-- ===== src/Table/Relocating.antt =====
-- The loop of `coucal_write_value` that moves the items of the lower half after the table doubled.
use coucal.Base.{
  ℕ, zero, suc, ◌+◌, ◌≤◌, ◌<◌, ◌≡◌, none, subst, refl, ap, sym, ◌∙◌, ◌⊎◌, inl, inr, true, false,
  length, set, ◌==◌, leb, if◌then◌else◌, get_or-set, length-set, Bool-cases, ==_iff, arith,
}
use coucal.Base.Words.{pow2}
use coucal.Run.{◌>>=◌, Returns}
use coucal.State.{Item, null_item, Coucal}
use coucal.Table.Entries.{total, total-set}
use coucal.Table.Grow.{relocate_to, relocate_one, relocate_from}
use coucal.Table.Layout.{IsHome, SameRest, SameRest-refl, SameRest-trans}
use coucal.Table.Position.{hash_to_pos_at-suc, pow2-pos}
use coucal.Table.{hash_to_pos, hash_to_pos_at, get_item, set_item, is_free}

-- Slots below `i`, and those of the upper half, hold items that are home in the doubled table; slots
-- from `i` up to the old size, items that were home in the old one. The upper half is free from the
-- partner of `i` on, so a move never lands on an item.
pub record Relocating (lg : ℕ) (c : Coucal) (i : ℕ) : Type 0 where
  pub doubled : c.lg_size ≡ suc lg
  pub bound : suc lg ≤ 32
  pub width : length c.items ≡ pow2 lg + pow2 lg
  pub done : (j : ℕ) → (j < i) ⊎ (pow2 lg ≤ j) → IsHome (suc lg) j (get_item c j)
  pub todo : (j : ℕ) → i ≤ j → j < pow2 lg → IsHome lg j (get_item c j)
  pub clear : (j : ℕ) → pow2 lg + i ≤ j → (get_item c j).name ≡ none

-- Only the items of the table changed, and they hold the same entries.
pub record Carried (c c' : Coucal) : Type 0 where
  pub rest : SameRest c c'
  pub stash : c'.stash ≡ c.stash
  pub balance : (f : Item → ℕ) → total f c'.items ≡ total f c.items

Carried-refl : (c : Coucal) → Carried c c
Carried-refl c = record { rest = SameRest-refl c; stash = refl; balance = λ f. refl }

Carried-trans : {a b c : Coucal} → Carried a b → Carried b c → Carried a c
Carried-trans h k = record {
  rest = SameRest-trans h.rest k.rest;
  stash = k.stash ∙ h.stash;
  balance = λ f. k.balance f ∙ h.balance f;
}

module _ (lg : ℕ) (c : Coucal) (i : ℕ) (r : Relocating lg c i) (inside : i < pow2 lg) where
  -- The item stays: one of its positions is still `i`.
  stays : IsHome (suc lg) i (get_item c i) → Relocating lg c (suc i)
  stays at = record {
    doubled = r.doubled;
    bound = r.bound;
    width = r.width;
    done = λ j h. elim (Bool-cases (i == j)) [
      | inl e ↦ subst (λ k. IsHome (suc lg) k (get_item c k)) ((==_iff i j).0 e) at
      | inr e ↦ r.done j (ground arith)
    ];
    todo = λ j h k. r.todo j (omega arith) k;
    clear = λ j h. r.clear j (omega arith);
  }

  abbrev moved : ℕ → Coucal
  moved pos = set_item (set_item c pos (get_item c i)) i null_item

  -- The item moves up by the old size.
  module _ (pos : ℕ) (up : pos ≡ i + pow2 lg) where
    get-moved :
        (j : ℕ)
        → get_item (moved pos) j
          ≡ (if i == j then null_item else if pos == j then get_item c i else get_item c j)
    get-moved j =
        get_or-set (set c.items pos (get_item c i)) i j null_item null_item
          (omega (arith, length-set c.items pos (get_item c i), r.width))
        ∙ ap (λ x. if i == j then null_item else x)
            (get_or-set c.items pos j (get_item c i) null_item (omega (arith, r.width)))

    moves : IsHome (suc lg) pos (get_item c i) → Relocating lg (moved pos) (suc i)
    moves at = record {
      doubled = r.doubled;
      bound = r.bound;
      width =
          length-set (set c.items pos (get_item c i)) i null_item
          ∙ length-set c.items pos (get_item c i)
          ∙ r.width;
      done = λ j h. rw (get-moved j) (ground (arith, r.done j));
      todo = λ j h k. rw (get-moved j) (ground (arith, r.todo j));
      clear = λ j h. rw (get-moved j) (ground (arith, r.clear j));
    }

    moves-Carried : Carried c (moved pos)
    moves-Carried = record {
      rest = record { lg_size = refl; used = refl; pool = refl; custom = refl; world = refl };
      stash = refl;
      balance = λ f.
          let gone =
            total-set f (set c.items pos (get_item c i)) i null_item
              (omega (arith, length-set c.items pos (get_item c i), r.width)) in
          let came = total-set f c.items pos (get_item c i) (omega (arith, r.width)) in
          let old = get_or-set c.items pos i (get_item c i) null_item (omega (arith, r.width)) in
          ground (arith, gone, came, old, r.clear pos (omega arith), pow2-pos lg);
    }

  -- One of the item's hashes, `h`, led to `i` in the old table.
  relocate_to-Relocating :
      (h : ℕ)
      → hash_to_pos_at lg h ≡ i
      → IsHome (suc lg) (hash_to_pos_at (suc lg) h) (get_item c i)
      → Returns
          (relocate_to c (pow2 lg) i (hash_to_pos_at (suc lg) h))
          λ c'. Relocating lg c' (suc i) × Carried c c'
  unfolding relocate_to
  relocate_to-Relocating h old at = elim (hash_to_pos_at-suc lg h r.bound) [
    | inl same ↦
        let e : (hash_to_pos_at (suc lg) h == i) ≡ true = ground arith in
        (
          c,
          rw e,
          (stays (subst (λ k. IsHome (suc lg) k (get_item c i)) (same ∙ old) at), Carried-refl c),
        )
    | inr up ↦
        let pos = hash_to_pos_at (suc lg) h in
        let e : (pos == i) ≡ false = ground (arith, pow2-pos lg) in
        let above : leb (pow2 lg) pos ≡ true = ground arith in
        let up' : pos ≡ i + pow2 lg = up ∙ ap (λ k. k + pow2 lg) old in
        (moved pos, rw (e, above), (moves pos up' at, moves-Carried pos up'))
  ]

  -- The code computes the new position from the field `lg_size`.
  relocate_to_here :
      (h : ℕ)
      → hash_to_pos_at lg h ≡ i
      → IsHome (suc lg) (hash_to_pos_at (suc lg) h) (get_item c i)
      → Returns
          (relocate_to c (pow2 lg) i (hash_to_pos c h))
          λ c'. Relocating lg c' (suc i) × Carried c c'
  unfolding hash_to_pos
  relocate_to_here h old at =
      subst
        (λ g.
          Returns (relocate_to c (pow2 lg) i (hash_to_pos_at g h))
            λ c'. Relocating lg c' (suc i) × Carried c c')
        (sym r.doubled) (relocate_to-Relocating h old at)

  relocate_one-Relocating :
      Returns (relocate_one lg (pow2 lg) c i) λ c'. Relocating lg c' (suc i) × Carried c c'
  unfolding relocate_one hash_to_pos
  relocate_one-Relocating =
      let h = (get_item c i).hashes in
      elim (Bool-cases (is_free c i)) [
        | inl e ↦ (c, rw e, (stays (inl (ground arith)), Carried-refl c))
        | inr e ↦ elim (Bool-cases (hash_to_pos_at lg h.hash1 == i)) [
          | inl first ↦
              rw (e, first) (relocate_to_here h.hash1 ((==_iff _ i).0 first) (inr (inl refl)))
          | inr other ↦
              let second : (hash_to_pos_at lg h.hash2 == i) ≡ true =
                ground (arith, r.todo i (omega arith) inside) in
              rw (e, other, second)
                (relocate_to_here h.hash2 ((==_iff _ i).0 second) (inr (inr refl)))
        ]
      ]

-- The loop ends with every item home in the doubled table, no assertion having failed.
pub relocate_from-Relocating :
    (n : ℕ) (lg : ℕ) (c : Coucal) (i : ℕ)
    → Relocating lg c i
    → i + n ≡ pow2 lg
    → Returns (relocate_from lg (pow2 lg) n i c) λ c'. Relocating lg c' (pow2 lg) × Carried c c'
unfolding relocate_from
relocate_from-Relocating zero lg c i r e =
    (c, refl, (subst (Relocating lg c) (omega arith) r, Carried-refl c))
relocate_from-Relocating (suc n) lg c i r e =
    let (c1, run1, (r1, k1)) = relocate_one-Relocating lg c i r (omega arith) in
    let r1' : Relocating lg c1 (i + 1) = subst (Relocating lg c1) (omega arith) r1 in
    let (c2, run2, (r2, k2)) = relocate_from-Relocating n lg c1 (i + 1) r1' (omega arith) in
    (c2, rw (run1, ◌>>=◌) run2, (r2, Carried-trans k1 k2))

^^^^^^^^^^^^^^^^

Task ->
Scan the material above for the word "moved", and copy every line in which it is found.

Answer space ->
  abbrev moved : ℕ → Coucal
  moved pos = set_item (set_item c pos (get_item c i)) i null_item
    get-moved :
        → get_item (moved pos) j
    get-moved j =
    moves : IsHome (suc lg) pos (get_item c i) → Relocating lg (moved pos) (suc i)
      done = λ j h. rw (get-moved j) (ground (arith, r.done j));
      todo = λ j h k. rw (get-moved j) (ground (arith, r.todo j));
      clear = λ j h. rw (get-moved j) (ground (arith, r.clear j));
    moves-Carried : Carried c (moved pos)
        (moved pos, rw (e, above), (moves pos up' at, moves-Carried pos up'))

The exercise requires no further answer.